At his briefing on Tuesday, Mr Thwaites highlighted the math performance for three so-called non-traditional high schools - Papine High, Mona High, and Pembroke Hall - where educational outcomes tend to lag behind those of the older, more celebrated institutions. They improved their passes, respectively, by 39, 26 and 13 percentage points.
Said Mr Thwaites: "This shows what we can do if we apply ourselves and if teachers and students are united in the effort." There is little, if anything, in that sentiment to contradict. Indeed, we commend the education ministry's strategy at targeting support, especially in core subjects like math and English, to poor-performing schools, and the additional efforts being made by some schools to lift standards.
What, however, is unclear from the available data is how many students from either of these schools sat math, or any other subjects at CSEC, and what proportion of their grade-11 cohort these numbers represented. It would also be useful to know how many students in these, and other, schools reached the benchmark of five subjects at a single sitting. On average, less than 20 per cent of Jamaican students meet this relatively low bar.
Indeed, there is a broader context to any review of the CSEC data, especially relating to the subjects highlighted by Minister Thwaites. For instance, while there was a two per cent increase in the number of students who registered for math this year, the 23, 839 who signed up represented only 56 per cent of the grade-11 cohort. Looked at another way, approximately 18,000 of the grade-11 cohort were, broadly, screened out of the math exam. Additionally, the increase in those who registered for math was cancelled out by the no-shows for the exam.
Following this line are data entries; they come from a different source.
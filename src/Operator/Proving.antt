-- ===== src/Operator/Proving.antt =====
-- What `prove` of core/src/operator.rs writes for the circuit: the blocks and the withdrawals of a
-- period, the light client values and the challenge. The operator's world is only read; the state
-- is the environment.
pub mod Prove
pub mod Produces
pub mod Mined
pub mod Withdrawals
pub mod Payments
pub mod Period
pub mod Periods
pub mod Loop
pub mod Challenges
use clementine_citeria.Common.{
  ℕ, zero, suc, ◌+◌, ◌-◌, ◌*◌, ◌%◌, ◌^◌, List, [], ◌∷◌, Option, none, some, ◌⊎◌, inl, inr, length,
  get_elem?, replicate,
}
use clementine_citeria.Common.Bytes.{Bytes, bytes_eq}
use clementine_citeria.Common.Words.{to_le_bytes}
use clementine_citeria.Hash.{Crypto}
use clementine_citeria.Env
use clementine_citeria.Env.{Environment, Prog}
use clementine_citeria.Bitcoin.{Header, BitcoinCrate}
use clementine_citeria.Merkle.Tree
use clementine_citeria.Merkle.Tree.{MerkleTree}
use clementine_citeria.Circuit.Constants.{blockhash_merkle_tree_depth, max_block_handle_ops}
use clementine_citeria.Circuit.Bridge.{Challenge}
use clementine_citeria.Database.{Dbms, WithdrawalPayment}
use clementine_citeria.Errors
use clementine_citeria.Errors.{
  Result, ok, err, panic, ok_or, unwrap, unwrap_result, collect_map, Host, block_not_found,
  blockhash_not_found, merkle_block_error, merkle_proof_error,
}
use clementine_citeria.Errors.Binds.{pure, lift, ◌>>=◌, ◌>>◌}
use clementine_citeria.Rpc.{
  Client, Block, get_block_hash, get_block_header, get_raw_transaction, get_transaction,
}
use clementine_citeria.Writer.{
  write_block_header_without_mt_root, write_tx_to_env, write_merkle_tree_proof,
  write_blocks_and_add_to_merkle_tree,
}
use clementine_citeria.Writer.MerklePath.{MerkleBlock, PathError, extract_error}
use clementine_citeria.Writer.MerklePath.Wire.{write_bitcoin_merkle_path}

-- `MerkleBlock::from_block_with_predicate` of the crate `bitcoin`, for a txid.
pub record MerkleBlocks : Type 0 where
  pub from_block : Block → Bytes → MerkleBlock

-- `start..end`, with `n` numbers left.
unfoldable pub range : ℕ → ℕ → List ℕ
range zero i = []
range (suc n) i = i ∷ range n (suc i)

-- `?` on the writer's result.
abbrev pub path_result : PathError ⊎ Unit {0} → Result (Unit {0})
path_result (inl PathError.extract_error) = err merkle_block_error
path_result (inl PathError.merkle_proof_error) = err Errors.merkle_proof_error
path_result (inr u) = ok u

module _ ⦃r : Client⦄ where
  unfoldable pub header_at : r.Node → ℕ → Result Header
  header_at node i =
      Errors.◌>>=◌ (get_block_hash node i) λ blockhash. get_block_header node blockhash

  unfoldable pub headers_between : r.Node → ℕ → ℕ → Result (List Header)
  headers_between node start end_height =
      collect_map (header_at node) (range (end_height - start) start)

  -- `get_block`, where every error is `BlockNotFound`.
  unfoldable pub block_of : r.Node → Bytes → Result Block
  block_of node blockhash = ok_or block_not_found (r.block node blockhash)

module _ ⦃e : Environment⦄ where
  -- A write to the environment, which may panic.
  unfoldable pub run : {A : Type 0} → Prog A → Host e.State A
  run m s = elim (m s) [ none ↦ (panic, s) | some (a, s') ↦ (ok a, s') ]

  unfoldable pub write_lc_proof : Bytes → Bytes → Host e.State (Unit {0})
  write_lc_proof lc_blockhash withdrawal_mt_root = do
    run (e.write_32bytes lc_blockhash)
    run (e.write_32bytes withdrawal_mt_root)

  -- The four parts of the proof are zeros; `challenge.1.to_le_bytes()`.
  unfoldable pub write_verifiers_challenge_proof : List Bytes → Challenge → Host e.State (Unit {0})
  write_verifiers_challenge_proof proof challenge = do
    run (Env.for_each proof e.write_32bytes)
    run (e.write_32bytes challenge.last_finalized_blockhash)
    run (e.write_32bytes (to_le_bytes 32 challenge.verifiers_pow))
    run (e.write_u32 challenge.period)

module _ ⦃c : Crypto⦄ ⦃b : BitcoinCrate⦄ ⦃e : Environment⦄ ⦃r : Client⦄ ⦃m : MerkleBlocks⦄ where
  -- The hash of the block before the last ones; the index wraps below zero and panics.
  unfoldable pub lc_cutoff_blockhash : List Header → Result Bytes
  lc_cutoff_blockhash block_headers =
      Errors.◌>>=◌
        (unwrap (
          get_elem? block_headers
            ((length block_headers + 2 ^ 64 - 1 - max_block_handle_ops) % 2 ^ 64)))
        λ header. ok (b.block_hash header)

  unfoldable pub write_blocks_between :
      r.Node → ℕ → ℕ → MerkleTree → Host e.State (MerkleTree × Bytes)
  write_blocks_between node start_block_height end_block_height blockhashes_mt = do
    block_headers ← lift (headers_between node start_block_height end_block_height)
    cutoff ← lift (lc_cutoff_blockhash block_headers)
    mt ← run (write_blocks_and_add_to_merkle_tree block_headers blockhashes_mt)
    pure (mt, cutoff)

  -- The block of a transaction: its path, its header and the proof of its hash.
  unfoldable pub write_inclusion : r.Node → Bytes → Bytes → MerkleTree → Host e.State (Unit {0})
  write_inclusion node txid blockhash blockhash_mt = do
    block ← lift (block_of node blockhash)
    written ← run (write_bitcoin_merkle_path (m.from_block block txid))
    lift (path_result written)
    run (write_block_header_without_mt_root block.header)
    run (write_merkle_tree_proof blockhash_merkle_tree_depth blockhash none blockhash_mt)

  unfoldable pub write_withdrawal :
      r.Node → WithdrawalPayment → MerkleTree → MerkleTree → Host e.State MerkleTree
  write_withdrawal node (txid, hash) withdrawal_mt blockhash_mt = do
    run (e.write_32bytes hash)
    tx ← lift (get_raw_transaction node txid)
    run (write_tx_to_env tx)
    get_transaction_result ← lift (get_transaction node txid)
    blockhash ← lift (ok_or blockhash_not_found get_transaction_result.blockhash)
    write_inclusion node txid blockhash blockhash_mt
    lift (unwrap (Tree.add withdrawal_mt hash))

  -- `for (txid, hash) in withdrawal_payments`
  unfoldable pub write_each_withdrawal :
      r.Node → List WithdrawalPayment → MerkleTree → MerkleTree → Host e.State MerkleTree
  write_each_withdrawal node [] withdrawal_mt blockhash_mt = pure withdrawal_mt
  write_each_withdrawal node (payment ∷ rest) withdrawal_mt blockhash_mt = do
    mt ← write_withdrawal node payment withdrawal_mt blockhash_mt
    write_each_withdrawal node rest mt blockhash_mt

  unfoldable pub write_withdrawals_and_add_to_merkle_tree :
      r.Node → List WithdrawalPayment → MerkleTree → MerkleTree → Host e.State MerkleTree
  write_withdrawals_and_add_to_merkle_tree node withdrawal_payments withdrawal_mt blockhash_mt = do
    run (e.write_u32 (length withdrawal_payments % 2 ^ 32))
    write_each_withdrawal node withdrawal_payments withdrawal_mt blockhash_mt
Further, even as we celebrate the 78 per cent pass rate for physics and the fact that registration this year increased by five per cent, we cannot but notice that the 5,139 who signed up was only 12 per cent of all grade-11 students, and that of those who registered, four per cent stayed away from the exam. The low registration numbers for math, and in the sciences, exaggerate the pass rates in these subjects.
It is not our intention, with these observations, to belittle and/or undermine improved outcomes in Jamaica's secondary education system. Indeed, we welcome all gains. However, it is this newspaper's view that sustained improvement can only benefit from hard-nosed analyses that inform policy and strategy.